# Replacing boiler expansion vessel



## flanajb (15 Oct 2013)

Hi,

I posted about our boiler woes 2 years back and have only just decided I need to sort it out. Given the problem only happens when we turn the central heating on I am putting my money on the problem being the internal expansion vessel.

Now what I want to know is whether I can fit an external vessel to the system and somehow isolate the internal vessel so that it is not used by the boiler.

The reason I think it is the expansion vessel is that when the central heating comes on the boiler starts heating up a greater volume of water than it does when just in hot water heating mode. This greater volume then results in a great expanded mass when hot compared to when in just hot water mode.

Whilst my theory might hold true, what I still don't understand is where the water in the sealed system is going as I don't see water pouring out of the pressure relief pipe on the outside of the house.

Now, if my plumbing knowledge is correct, water can only leave a sealed system in 4 ways

1. Through the pressure relief pipe on the outside of the house.

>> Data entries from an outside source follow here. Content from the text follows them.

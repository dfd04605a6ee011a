-- ===== src/Cmux/Life.antt =====
-- The life of a multiplexer as a sequence of steps: each call of a function of modem_cmux.c by the
-- application, by the work queue or by a pipe, in any order, and each octet that is received.
pub mod Keeps
pub mod Events
pub mod Reach
use modem_modules.Base.{ℕ, Bool, true, false, ◌≡◌, not, some, List, [], ◌∷◌, RingBuf, Crc8, Ret}
use modem_modules.Cmux.{Cmux, State, EventBit, Call, event_post, event_clear}
use modem_modules.Cmux.Receive.{process_received_byte}
use modem_modules.Cmux.Channel.{
  dlci_init, pipe_api_open, pipe_api_close, pipe_api_receive, pipe_api_transmit, dlci_open_handler,
  dlci_close_handler,
}
use modem_modules.Cmux.Work.{
  init, bus_callback, connect_async, disconnect_async, release, attach, transmit_handler,
  connect_handler, disconnect_handler,
}

abbrev pub is_same : EventBit → EventBit → Bool
is_same EventBit.connected_bit EventBit.connected_bit = true
is_same EventBit.disconnected_bit EventBit.disconnected_bit = true
is_same _ _ = false

-- Whether an event bit is set: what k_event_wait finds, from the calls, latest first.
abbrev pub is_posted : EventBit → List Call → Bool
is_posted b [] = false
is_posted b (event_post a ∷ ks) =
    let before = is_posted b ks in elim (is_same b a) [ true ↦ true | false ↦ before ]
is_posted b (event_clear a ∷ ks) =
    let before = is_posted b ks in elim (is_same b a) [ true ↦ false | false ↦ before ]
is_posted b (_ ∷ ks) = is_posted b ks

-- What the event bits and the flow control are in each state.
abbrev pub Agrees : State → Bool → Bool → Bool → Type 0
Agrees State.connected flow on off = (on ≡ true) × (off ≡ false)
Agrees State.disconnected flow on off = (flow ≡ false) × (on ≡ false) × (off ≡ true)
Agrees _ flow on off = on ≡ not off

abbrev pub IsConsistent : {Rb : Type 0} → Cmux Rb → Type 0
IsConsistent c =
    Agrees c.state c.flow_control_on (is_posted EventBit.connected_bit c.calls)
      (is_posted EventBit.disconnected_bit c.calls)

module _ {Rb : Type 0} ⦃ring : RingBuf Rb⦄ ⦃crc : Crc8⦄ where
  pub data Step (c : Cmux Rb) : Cmux Rb → Type 0 where
    receives : {c' : Cmux Rb} (b : ℕ) → process_received_byte c b ≡ some c' → Step c c'
    is_told : Step c (bus_callback c)
    transmits : (taken : ℕ) → Step c (transmit_handler c taken)
    connects : {c' : Cmux Rb} → connect_handler c ≡ some c' → Step c c'
    disconnects : {c' : Cmux Rb} → disconnect_handler c ≡ some c' → Step c c'
    asks_connect : (pending : Bool) → Step c (connect_async c pending).0
    asks_disconnect : (pending : Bool) → Step c (disconnect_async c pending).0
    opens : {c' : Cmux Rb} (i : ℕ) → dlci_open_handler c i ≡ some c' → Step c c'
    closes : {c' : Cmux Rb} (i : ℕ) → dlci_close_handler c i ≡ some c' → Step c c'
    asks_open : (i : ℕ) (pending : Bool) → Step c (pipe_api_open c i pending).0
    asks_close : (i : ℕ) (pending : Bool) → Step c (pipe_api_close c i pending).0
    sends :
        {c' : Cmux Rb} {r : Ret} (i : ℕ) (xs : List ℕ)
        → pipe_api_transmit c i xs ≡ some (c', r)
        → Step c c'
    takes :
        {c' : Cmux Rb} {ys : List ℕ} (i n : ℕ) → pipe_api_receive c i n ≡ some (c', ys) → Step c c'
    adds : (a : ℕ) (rb : Rb) → Step c (dlci_init c a rb)
    attaches : Step c (attach c)
    releases : Step c (release c)

  -- What a multiplexer can become.
  pub data Reached : Cmux Rb → Type 0 where
    starts :
        (has_callback : Bool) (buf : List ℕ) (size : ℕ) (rb : Rb)
        → Reached (init has_callback buf size rb)
    then : {c c' : Cmux Rb} → Reached c → Step c c' → Reached c'
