-- ===== src/Cmux/Life/Keeps.antt =====
-- The functions of modem_cmux.c that leave the state, the flow control and the events as they are.
use modem_modules.Base.{
  ℕ, ◌%◌, ◌*◌, ◌+◌, ◌≡◌, refl, ◌∙◌, Option, none, some, RingBuf, Crc8, ltb, ◌==◌, if◌then◌else◌,
  not, get_elem?, min,
}
use modem_modules.Cmux.{
  Cmux, Dlci, DlciState, Frame, EventBit, read, cmd_frame_size_max, cmd_data_size_max,
  data_frame_size_min, frame_type_ua, frame_type_uih,
}
use modem_modules.Cmux.Transmit.{transmit_frame, transmit_cmd_frame, transmit_data_frame, fitting}
use modem_modules.Cmux.Control.{
  find_dlci, is_open, dlci_ua, on_dlci_frame_ua, on_dlci_frame_uih, on_dlci_frame,
  acknowledge_received_frame,
}
use modem_modules.Cmux.Life.{is_posted}
use modem_modules.Base.Gives.{Always, Always-bind, Always-then, Always-if}

module _ {Rb : Type 0} where
  pub record Keeps (c c' : Cmux Rb) : Type 0 where
    pub same_state : c'.state ≡ c.state
    pub same_flow : c'.flow_control_on ≡ c.flow_control_on
    pub same_bit : (b : EventBit) → is_posted b c'.calls ≡ is_posted b c.calls

  pub unchanged :
      {c c' : Cmux Rb}
      → c'.state ≡ c.state
      → c'.flow_control_on ≡ c.flow_control_on
      → ((b : EventBit) → is_posted b c'.calls ≡ is_posted b c.calls)
      → Keeps c c'
  unchanged s f e = record { same_state = s; same_flow = f; same_bit = e }

  pub Keeps-self : (c : Cmux Rb) → Keeps c c
  Keeps-self c = unchanged refl refl (λ b. refl)

  pub Keeps-trans : {a b c : Cmux Rb} → Keeps a b → Keeps b c → Keeps a c
  Keeps-trans p q = record {
    same_state = q.same_state ∙ p.same_state;
    same_flow = q.same_flow ∙ p.same_flow;
    same_bit = λ x. q.same_bit x ∙ p.same_bit x;
  }

module _ {Rb : Type 0} ⦃ring : RingBuf Rb⦄ ⦃crc : Crc8⦄ (c : Cmux Rb) where
  pub transmit_frame-Keeps : (f : Frame) → Always (λ s. Keeps c s.0) (transmit_frame c f)
  unfolding transmit_frame
  transmit_frame-Keeps f =
      Always-bind _ (read c.receiver f.contents (fitting c.transmit_rb f.data_len)) _
        (λ xs. unchanged refl refl (λ b. refl))

  pub transmit_cmd_frame-Keeps : (f : Frame) → Always (λ s. Keeps c s.0) (transmit_cmd_frame c f)
  unfolding transmit_cmd_frame
  transmit_cmd_frame-Keeps f =
      Always-if _ (ltb (ring.space c.transmit_rb % 65536) cmd_frame_size_max) _ _
        (λ _. Keeps-self c)
        (λ _. Always-then _ _ (transmit_frame c f) _ (transmit_frame-Keeps f) (λ s k. k))

  pub transmit_data_frame-Keeps : (f : Frame) → Always (λ s. Keeps c s.0) (transmit_data_frame c f)
  unfolding transmit_data_frame
  transmit_data_frame-Keeps f =
      Always-if _ (not c.flow_control_on) _ _ (λ _. Keeps-self c)
        (λ _.
          Always-if _
            (ltb (ring.space c.transmit_rb % 65536) (cmd_frame_size_max * 2 + data_frame_size_min))
            _ _ (λ _. Keeps-self c)
            (λ _. Always-then _ _ (transmit_frame c f) _ (transmit_frame-Keeps f) (λ s k. k)))

  pub acknowledge-Keeps : Always (Keeps c) (acknowledge_received_frame c)
  unfolding acknowledge_received_frame
  acknowledge-Keeps =
      Always-if _ (ltb cmd_data_size_max c.frame.data_len) _ _ (λ _. Keeps-self c)
        (λ _. Always-bind _ (read c.receiver c.frame.contents c.frame.data_len) _ (λ xs.
          Always-if _ (ltb c.frame.data_len 2) _ _ (λ _. tt)
            (λ _.
              Always-then _ _ (transmit_cmd_frame c _) _ (transmit_cmd_frame-Keeps _) (λ s k. k))))

  dlci_ua-Keeps : (i : ℕ) (d : Dlci Rb) (s : DlciState) → Keeps c (dlci_ua c i d s)
  unfolding dlci_ua
  dlci_ua-Keeps i d DlciState.opening = unchanged refl refl (λ b. refl)
  dlci_ua-Keeps i d DlciState.closing = unchanged refl refl (λ b. refl)
  dlci_ua-Keeps i d DlciState.opened = Keeps-self c
  dlci_ua-Keeps i d DlciState.closed = Keeps-self c

  dlci_uih-Keeps : (i : ℕ) → Always (Keeps c) (on_dlci_frame_uih c i)
  unfolding on_dlci_frame_uih
  dlci_uih-Keeps i = Always-bind _ (get_elem? c.dlcis i) _ (λ d.
      Always-if _ (not (is_open d.dlci_state)) _ _ (λ _. Keeps-self c)
        (λ _.
          Always-bind _
            (read c.receiver c.frame.contents (min (ring.space d.receive_rb) c.frame.data_len)) _
            (λ xs. unchanged refl refl (λ b. refl))))

  pub on_dlci_frame-Keeps : Always (Keeps c) (on_dlci_frame c)
  unfolding on_dlci_frame on_dlci_frame_ua
  on_dlci_frame-Keeps = go (find_dlci c)
    where
      at :
          (i : ℕ)
          → Always (Keeps c) (
              if c.frame.frame_type == frame_type_ua
              then on_dlci_frame_ua c i
              else (if c.frame.frame_type == frame_type_uih then on_dlci_frame_uih c i else some c))
      at i =
          Always-if _ (c.frame.frame_type == frame_type_ua) _ _
            (λ _. Always-bind _ (get_elem? c.dlcis i) _ (λ d. dlci_ua-Keeps i d d.dlci_state))
            (λ _.
              Always-if _ (c.frame.frame_type == frame_type_uih) _ _ (λ _. dlci_uih-Keeps i)
                (λ _. Keeps-self c))

      go :
          (o : Option ℕ)
          → Always (Keeps c) (elim o [
            | none ↦ some c
            | some i ↦
                if c.frame.frame_type == frame_type_ua
                then on_dlci_frame_ua c i
                else (if c.frame.frame_type == frame_type_uih
                    then on_dlci_frame_uih c i
                    else some c)
          ])
      go none = Keeps-self c
      go (some i) = at i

Would see dripping if the pressure in system > pressure relief valve setting

2. Cracked heat exchanger causing water to leak out

3. Leaking joint or rad valve

4. Perforated coil in hot water tank. This would affect hot water mode so this can be ruled out

Have I missed anything off here?

A right royal pain as we have sold the house and I cannot afford to have the now obsolete boiler replaced.


----------



## monkeybiter (15 Oct 2013)

We were continually topping up our system when using CH. Had an external vessel fitted, the internal vessel is left connected, but I now run it at a lower pressure, I was possibly running it at too high a pressure which may have caused the water loss in the past. Now operated at 1BarG rather than 2 with no noticable losses.


----------



## kostello (15 Oct 2013)

If the heat exchanger is leaking and losing water and you have a condensing boiler it will go down the condensate pipe and you will never be any the wiser.

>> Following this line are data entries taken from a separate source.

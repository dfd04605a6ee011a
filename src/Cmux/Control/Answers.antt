-- ===== src/Cmux/Control/Answers.antt =====
-- Commands on the control channel, and the answers to them.
use modem_modules.Base.{
  ℕ, ◌-◌, ◌+◌, ◌/◌, ◌%◌, ◌≤◌, ◌<◌, ◌≡◌, ◌⊎◌, inl, inr, refl, ap, sym, ◌∙◌, Bool, true, false, some,
  List, [], ◌∷◌, arith, bit_and, ◌==◌, ltb, not, ◌||◌, if◌then◌else◌, ◌>>=◌, length, take,
  take-take, take_all, RingBuf, Crc8,
}
use mathlib.Core.Path.{subst}
use modem_modules.Cmux.{
  Cmux, Frame, bytes, receive_buffer, frame_type_uih, read, target, cmd_data_size_max,
}
use modem_modules.Cmux.Control.{
  Command, command_of, command_msc, command_fcon, command_fcoff, takes_commands, wrap_command,
  clear_cr, acknowledge_received_frame, on_msc_command, on_fcon_command, on_fcoff_command,
  on_command, on_control_frame_uih, on_control_frame, on_frame,
}
use modem_modules.Cmux.Transmit.{transmit_cmd_frame}
use modem_modules.Cmux.Transmit.Wire.{wire, Holds}
use modem_modules.Cmux.Transmit.Commands.{transmit_cmd_frame-wire}
use modem_modules.Base.Gives.{Always-at}
use modem_modules.Cmux.Life.Keeps.{transmit_cmd_frame-Keeps}

module _ {Rb : Type 0} where
  -- The frame that was received is the command with the type octet `t`, the length octet `l` and the
  -- value octets `vs`, and the multiplexer takes commands.
  pub record IsCommand (c : Cmux Rb) (t l : ℕ) (vs : List ℕ) : Type 0 where
    pub control : c.frame.dlci_address ≡ 0
    pub uih : c.frame.frame_type ≡ frame_type_uih
    pub taken : takes_commands c.state ≡ true
    pub in_buffer : c.frame.contents ≡ receive_buffer
    pub count : c.frame.data_len ≡ length vs + 2
    pub inside : c.frame.data_len ≤ length c.receive_buf
    pub held : take (length vs + 2) c.receive_buf ≡ t ∷ l ∷ vs
    pub short : length vs ≤ 2
    pub type_ends : t % 2 ≡ 1
    pub length_ends : l % 2 ≡ 1
    pub length_counts : l / 2 ≡ length vs

  -- The answer to a command: its frame, with the command's C/R bit cleared.
  abbrev pub answer : Cmux Rb → ℕ → ℕ → List ℕ → Frame
  answer c t l vs = record (c.frame) { contents = bytes (bit_and t 0xFD ∷ l ∷ vs) }

  -- The flow control behind a command.
  abbrev pub flow_after : Cmux Rb → ℕ → Bool
  flow_after c value =
      if value == command_fcon
      then true
      else (if value == command_fcoff then false else c.flow_control_on)

module _ {Rb : Type 0} ⦃ring : RingBuf Rb⦄ ⦃crc : Crc8⦄ (c : Cmux Rb) (t l : ℕ) (vs : List ℕ)
    (v : IsCommand c t l vs) where
  read_all : read c.receiver receive_buffer (length vs + 2) ≡ some (t ∷ l ∷ vs)
  unfolding read target
  read_all = ground (arith, v.inside, v.count, v.held)

  first_two : take 2 c.receive_buf ≡ t ∷ l ∷ []
  first_two = sym (take-take 2 (length vs + 2) c.receive_buf (omega arith)) ∙ ap (take 2) v.held

  read_two : read c.receiver receive_buffer 2 ≡ some (t ∷ l ∷ [])
  unfolding read target
  read_two = ground (arith, v.inside, v.count, first_two)

  wrapped :
      wrap_command c.receiver c.frame.contents c.frame.data_len
      ≡ some (some (record { type_octet = t; length_octet = l }))
  unfolding wrap_command command_of
  wrapped =
      let m : Command = record { type_octet = t; length_octet = l } in
      let ok : ((l % 2 == 0) || (t % 2 == 0) || not (l / 2 == c.frame.data_len - 2)) ≡ false =
        ground (arith, v.type_ends, v.length_ends, v.length_counts, v.count) in
      let long : ltb c.frame.data_len 2 ≡ false = ground (arith, v.count) in
      ap (λ p. wrap_command c.receiver p c.frame.data_len) v.in_buffer
      ∙ rw (long, read_two, ok) refl

  to_command : on_frame c ≡ on_command c (record { type_octet = t; length_octet = l })
  unfolding on_frame on_control_frame on_control_frame_uih
  to_command =
      let to_uih : on_frame c ≡ on_control_frame_uih c = ground (arith, v.control, v.uih) in
      to_uih ∙ rw (v.taken, wrapped) refl

  acknowledged :
      (b : Bool)
      → acknowledge_received_frame (record c { flow_control_on = b }) ≡ (
          transmit_cmd_frame (record c { flow_control_on = b }) (answer c t l vs) >>= λ s. some s.0)
  unfolding acknowledge_received_frame clear_cr
  acknowledged b =
      let small : ltb cmd_data_size_max c.frame.data_len ≡ false =
        ground (arith, v.count, v.short) in
      let long : ltb c.frame.data_len 2 ≡ false = ground (arith, v.count) in
      let whole : read c.receiver c.frame.contents c.frame.data_len ≡ some (t ∷ l ∷ vs) =
        ap (λ p. read c.receiver p c.frame.data_len) v.in_buffer
        ∙ (ap (read c.receiver receive_buffer) v.count ∙ read_all) in
      rw (small, whole, long) refl

  -- The answer goes out, and the flow control stays.
  answered :
      (b : Bool)
      → 12 ≤ ring.space c.transmit_rb
      → ring.space c.transmit_rb < 65536
      → (c' : Cmux Rb) × (acknowledge_received_frame (record c { flow_control_on = b }) ≡ some c')
        × (c'.flow_control_on ≡ b)
        × Holds c.transmit_rb c'.transmit_rb (wire (answer c t l vs) (bit_and t 0xFD ∷ l ∷ vs))
  unfolding target
  answered b roomy few =
      let c1 = record c { flow_control_on = b } in
      let xs = bit_and t 0xFD ∷ l ∷ vs in
      let all : take c.frame.data_len xs ≡ xs = take_all _ xs (omega (arith, v.count)) in
      elim (transmit_cmd_frame-wire c1 (answer c t l vs) few (omega (arith, v.count, v.short))
        (omega (arith, v.count))) [
          | inr (tight, _) ↦ absurd (omega arith)
          | inl (_, (c', e, h)) ↦ (
            c',
            acknowledged b ∙ ap (λ o. o >>= λ s. some s.0) e,
            (Always-at _ _ (c', true) e (transmit_cmd_frame-Keeps c1 (answer c t l vs))).same_flow,
            subst (λ ys. Holds c.transmit_rb c'.transmit_rb (wire (answer c t l vs) ys)) all h,
          )
        ]

  -- A modem status command, a flow control on or a flow control off command with at most two value
  -- octets, whose type and length have one octet each, comes whole and with the right length in a UIH
  -- frame on the control channel, while the multiplexer takes commands and its transmit buffer has
  -- room for a command frame. It is answered by the same command with its C/R bit cleared, which goes
  -- whole into the transmit buffer; the second command turns the flow control of data frames on, the
  -- third off, and the first leaves it. A modem status command with a break octet has three value
  -- octets and is not among them.
  pub on_frame_answers :
      (t / 4 ≡ command_msc) ⊎ (t / 4 ≡ command_fcon) ⊎ (t / 4 ≡ command_fcoff)
      → 12 ≤ ring.space c.transmit_rb
      → ring.space c.transmit_rb < 65536
      → (c' : Cmux Rb) × (on_frame c ≡ some c')
        × (c'.flow_control_on ≡ flow_after c (t / 4))
        × Holds c.transmit_rb c'.transmit_rb (wire (answer c t l vs) (bit_and t 0xFD ∷ l ∷ vs))
  unfolding on_command on_msc_command on_fcon_command on_fcoff_command
  on_frame_answers (inl k) roomy few =
      let (c', e, f, h) = answered c.flow_control_on roomy few in
      (c', to_command ∙ (rw k refl ∙ e), f ∙ rw k refl, h)
  on_frame_answers (inr (inl k)) roomy few =
      let (c', e, f, h) = answered true roomy few in
      (c', to_command ∙ (rw k refl ∙ e), f ∙ rw k refl, h)
  on_frame_answers (inr (inr k)) roomy few =
      let (c', e, f, h) = answered false roomy few in
      (c', to_command ∙ (rw k refl ∙ e), f ∙ rw k refl, h)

When our boiler had similar problems I fitted ball valves on the flow and return, isolated the boiler from the rest of the system and filled it to 2 bar and let it over night.

Sure enough the pressure dropped......

When the heat exchanger was removed I pressure tested it with air in a bucket of water.... There was a tiny pin hole in the pipe........

I would never have seen it with the naked eye..


The pressure vessel should also have the pressure checked and topped up regularly details will be in the boiler manual. If there isn't enough air in the vessel there is no space for the water to expand into and it would exit through the pressure valve.

Hope this helps


----------



## John Brown (15 Oct 2013)

On some boilers you can re-pressurize the expansion vessel using a car foot pump or similar, I believe.
(I say I believe - I have actually done it myself, but I don't know if the advice is valid for all boilers)


----------



## RogerS (17 Oct 2013)

Cor...what a kerfuffle these sealed systems are! Indirect vented for me every time ...


----------



## flanajb (17 Oct 2013)

kostello":nyjajeqe said:


> If the heat exchanger is leaking and losing water and you have a condensing boiler it will go down the condensate pipe and you will never be any the wiser.
> 
> When our boiler had similar problems I fitted ball valves on the flow and return, isolated the boiler from the rest of the system and filled it to 2 bar and let it over night.
> 
> ...



I think I need to do a boiler pressure test before anything else. I can see what you are saying regarding a leaking heat exchanger. The leaking water will just be vapourized off and you won't notice it.


----------



## RogerS (17 Oct 2013)

I have one of these. Well worth it for testing your system.

http://www.screwfix.com/p/monument-dry- ... -kit/72940


----------



## tomatwark (17 Oct 2013)

Our boiler was losing pressure, it was the expansion vessel, the diaphragm had perished over the years.

Our plumber priced up the proper one for the boiler and also fitting an external one, there was not a lot in it price wise once he allowed for altering the the pipe work.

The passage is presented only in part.